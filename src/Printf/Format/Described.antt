-- ===== src/Printf/Format/Described.antt =====
-- `_vsnprintf` as a whole against the C standard, on the formats and arguments where it follows it. The
-- text of a format is described without the functions of the program.
use mega_os.Prelude.{
  ℕ, ◌-◌, ◌%◌, ◌^◌, ◌<◌, ◌≤◌, ◌≡◌, ◌≢◌, refl, subst, ap, ◌∙◌, Bool, true, false, List, [], ◌∷◌,
  ◌++◌, some, arith, if◌then◌else◌, length, take, ltb, replicate, Bool-cases, inl, inr, append-nil,
}
use mega_os.Prelude.{bind, pure}
use mega_os.Printf.Output.{OutFct, Flags, no_flags, emit}
use mega_os.Printf.Directive.{
  Arg, word, str, Directive, va_arg, eval_directive, eval_flags, eval_width, eval_precision,
  eval_length,
}
use mega_os.Printf.Format.{format_out, end_idx}
use mega_os.Printf.Format.Formats.{Formats, end, char, directive, format_out-emit}
use mega_os.Printf.Format.Converts.{Converts, other}
use mega_os.Printf.Format.Render.{field_text, string_text}
use mega_os.Printf.Format.Field.{
  Denotes, Specifier, standard_field, digits_of, type_bits, decimal, integer, unsigned, hexadecimal,
  capital_hexadecimal, octal, binary,
}
use mega_os.Printf.Format.Standard.{integer_text-standard, Specifier-is_integer}
use mega_os.Printf.Format.Reading.{eval_directive-spelled_text}
use mega_os.Printf.Format.Spelled.{
  Spelling, IsSpelling, spelled_text, spelled_flags, spelled_width, spelled_precision, at,
  spelled_flags-lower, IsSpecifier,
}

-- Where the program writes the integer of a directive as the standard has it.
pub record IsCovered (sp : Spelling) (base : ℕ) (ds : List ℕ) : Type 0 where
  pub no_prefix : (spelled_flags sp).hash ≡ true → base ≡ 10
  pub short_precision : spelled_precision sp < 32
  pub short_width :
      (spelled_flags sp).zeropad ≡ true
      → (spelled_flags sp).has_precision ≡ false
      → spelled_width sp ≤ 32
  pub short_digits : length ds < 32
  pub left_digits : (spelled_flags sp).left ≡ true → spelled_precision sp ≤ length ds

-- A text in a field of spaces.
abbrev space_field : Bool → ℕ → List ℕ → List ℕ
space_field left width text =
    let blanks = replicate (width - length text) b' ' in
    if left then text ++ blanks else blanks ++ text

-- The text of a format: plain characters, and directives for integers, characters, strings and `%`.
pub data Describes : List ℕ → List Arg → List ℕ → Type 0 where
  nothing : {va : List Arg} → Describes [] va []
  plain :
      {c : ℕ} {cs : List ℕ} {va : List Arg} {text : List ℕ}
      → c ≢ b'%'
      → Describes cs va text
      → Describes (c ∷ cs) va (c ∷ text)
  percent :
      {cs : List ℕ} {va : List Arg} {text : List ℕ}
      → Describes cs va text
      → Describes (b'%' ∷ b'%' ∷ cs) va (b'%' ∷ text)
  number :
      {sp : Spelling} {c base bits n : ℕ} {signed upper below : Bool} {cs : List ℕ} {va : List Arg}
      {text : List ℕ}
      → IsSpelling sp
      → Specifier c signed base upper
      → Denotes (type_bits (spelled_flags sp)) bits signed below n
      → IsCovered sp base (digits_of base (spelled_flags sp) upper n)
      → Describes cs va text
      → Describes (b'%' ∷ spelled_text sp (c ∷ cs)) (word bits ∷ va) (
          standard_field signed below
            (spelled_precision sp)
            (spelled_width sp)
            (spelled_flags sp)
            (digits_of base (spelled_flags sp) upper n)
          ++ text)
  character :
      {sp : Spelling} {bits : ℕ} {cs : List ℕ} {va : List Arg} {text : List ℕ}
      → IsSpelling sp
      → Describes cs va text
      → Describes
          (b'%' ∷ spelled_text sp (b'c' ∷ cs))
          (word bits ∷ va)
          (space_field (spelled_flags sp).left (spelled_width sp) (bits % 256 ∷ []) ++ text)
  string :
      {sp : Spelling} {address : ℕ} {p cs : List ℕ} {va : List Arg} {text : List ℕ}
      → IsSpelling sp
      → length p < 2 ^ 32
      → Describes cs va text
      → Describes (b'%' ∷ spelled_text sp (b's' ∷ cs)) (str address p ∷ va) (
          space_field
            (spelled_flags sp).left
            (spelled_width sp)
            (if (spelled_flags sp).has_precision then take (spelled_precision sp) p else p)
          ++ text)

Specifier-IsSpecifier :
    {c base : ℕ} {signed upper : Bool} → Specifier c signed base upper → IsSpecifier c
Specifier-IsSpecifier decimal = ground arith
Specifier-IsSpecifier integer = ground arith
Specifier-IsSpecifier unsigned = ground arith
Specifier-IsSpecifier hexadecimal = ground arith
Specifier-IsSpecifier capital_hexadecimal = ground arith
Specifier-IsSpecifier octal = ground arith
Specifier-IsSpecifier binary = ground arith

abbrev spelled_directive : Spelling → ℕ → List ℕ → List Arg → Directive
spelled_directive sp c rest va =
    at (spelled_flags sp) (spelled_width sp) (spelled_precision sp) (c ∷ rest) va

number-Converts :
    {sp : Spelling} {c base bits n : ℕ} {signed upper below : Bool} {cs : List ℕ} {va : List Arg}
    → Specifier c signed base upper
    → Denotes (type_bits (spelled_flags sp)) bits signed below n
    → IsCovered sp base (digits_of base (spelled_flags sp) upper n)
    → Converts
        (spelled_directive sp c cs (word bits ∷ va))
        (standard_field signed below
          (spelled_precision sp)
          (spelled_width sp)
          (spelled_flags sp)
          (digits_of base (spelled_flags sp) upper n))
        va
unfolding va_arg
number-Converts {sp} {c} {base} {bits} {n} {signed} {upper} {below} {cs} {va} specifier value
      covered =
    let d = spelled_directive sp c cs (word bits ∷ va) in
    subst (λ field. Converts d field va)
      (integer_text-standard specifier d (spelled_flags-lower sp) covered.no_prefix
        covered.short_precision covered.short_width value covered.short_digits covered.left_digits)
      (Converts.integer (Specifier-is_integer specifier) refl)

blank_field :
    (flags : Flags) (width : ℕ) (text : List ℕ)
    → field_text flags width text ≡ space_field flags.left width text
blank_field flags width text = elim (Bool-cases flags.left) [
  | inl left ↦ rw left refl
  | inr right ↦ rw (right, append-nil text) refl
]

percent_read :
    (cs : List ℕ) (va : List Arg)
    → eval_directive (b'%' ∷ cs) va ≡ some (at no_flags 0 0 (b'%' ∷ cs) va)
unfolding eval_directive eval_flags eval_width eval_precision eval_length
percent_read cs va = refl

Describes-Formats :
    {format : List ℕ} {va : List Arg} {text : List ℕ}
    → Describes format va text
    → Formats format va text
unfolding va_arg
Describes-Formats nothing = end
Describes-Formats (plain ne rest) = char ne (Describes-Formats rest)
Describes-Formats (percent {cs} {va} rest) =
    directive refl (percent_read cs va) refl (other refl) (Describes-Formats rest)
Describes-Formats
      (number {sp} {c} {base} {bits} {cs = cs} {va = va} spelling specifier value covered rest) =
    directive refl
      (eval_directive-spelled_text sp c cs (word bits ∷ va) spelling
        (Specifier-IsSpecifier specifier))
      refl (number-Converts specifier value covered) (Describes-Formats rest)
Describes-Formats (character {sp} {bits} {cs} {va} spelling rest) =
    directive refl (eval_directive-spelled_text sp b'c' cs (word bits ∷ va) spelling (ground arith))
      refl
      (subst (λ field. Converts (spelled_directive sp b'c' cs (word bits ∷ va)) field va)
        (blank_field (spelled_flags sp) (spelled_width sp) (bits % 256 ∷ []))
        (Converts.char refl refl))
      (Describes-Formats rest)
Describes-Formats (string {sp} {address} {p} {cs} {va} spelling short rest) =
    let d = spelled_directive sp b's' cs (str address p ∷ va) in
    directive refl
      (eval_directive-spelled_text sp b's' cs (str address p ∷ va) spelling (ground arith)) refl
      (subst (λ field. Converts d field va)
        (blank_field (spelled_flags sp) (spelled_width sp) (string_text d p))
        (Converts.string refl refl short))
      (Describes-Formats rest)

end_idx_eq :
    (maxlen idx : ℕ)
    → 0 < maxlen
    → maxlen < 2 ^ 64
    → end_idx maxlen idx ≡ (if ltb idx maxlen then idx else maxlen - 1)
end_idx_eq maxlen idx some_room fits = ground arith

-- For every output function and a buffer size from 1 up to 2^64 - 1, if a format of plain
-- characters, `%%`, and directives for integers, characters and strings, without `*`, has a text
-- shorter than 2^64, `_vsnprintf` emits that text character by character, then a NUL at the index
-- behind it if the buffer has that, else at its last index, and returns the length modulo 2^32.
-- The text is that of the C standard (with `%b`): the flags, width, precision and length are read
-- off the spelling, and an integer is the two's complement value of its argument. Directives are
-- left out where the program does otherwise (`IsCovered`): `#` beside a base other than 10, a
-- precision or digits of 32 or more, `0` without a precision with a width above 32, and `-` with a
-- precision above the digits.
pub format_out-Describes {ℓ} :
    {S : Type ℓ} (out : OutFct S) (maxlen : ℕ) {format : List ℕ} {va : List Arg} {text : List ℕ}
    (s : S)
    → 0 < maxlen
    → maxlen < 2 ^ 64
    → Describes format va text
    → length text < 2 ^ 64
    → format_out out maxlen format va s
      ≡ bind (emit out maxlen text 0 s) (λ _ s'.
        bind
          (out 0 (if ltb (length text) maxlen then length text else maxlen - 1) maxlen s')
          (λ _. pure (length text % 2 ^ 32)))
format_out-Describes out maxlen {format} {va} {text} s some_room fits described short =
    format_out-emit out maxlen s (Describes-Formats described) short
    ∙ ap
        (λ (nul : ℕ).
          bind (emit out maxlen text 0 s)
            (λ _ s'. bind (out 0 nul maxlen s') (λ _. pure (length text % 2 ^ 32))))
        (end_idx_eq maxlen (length text) some_room fits)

Aim of the task >> Search the data above for the word "cases". Copy each line it is in.

Answer area >>
  ◌++◌, some, arith, if◌then◌else◌, length, take, ltb, replicate, Bool-cases, inl, inr, append-nil,
blank_field flags width text = elim (Bool-cases flags.left) [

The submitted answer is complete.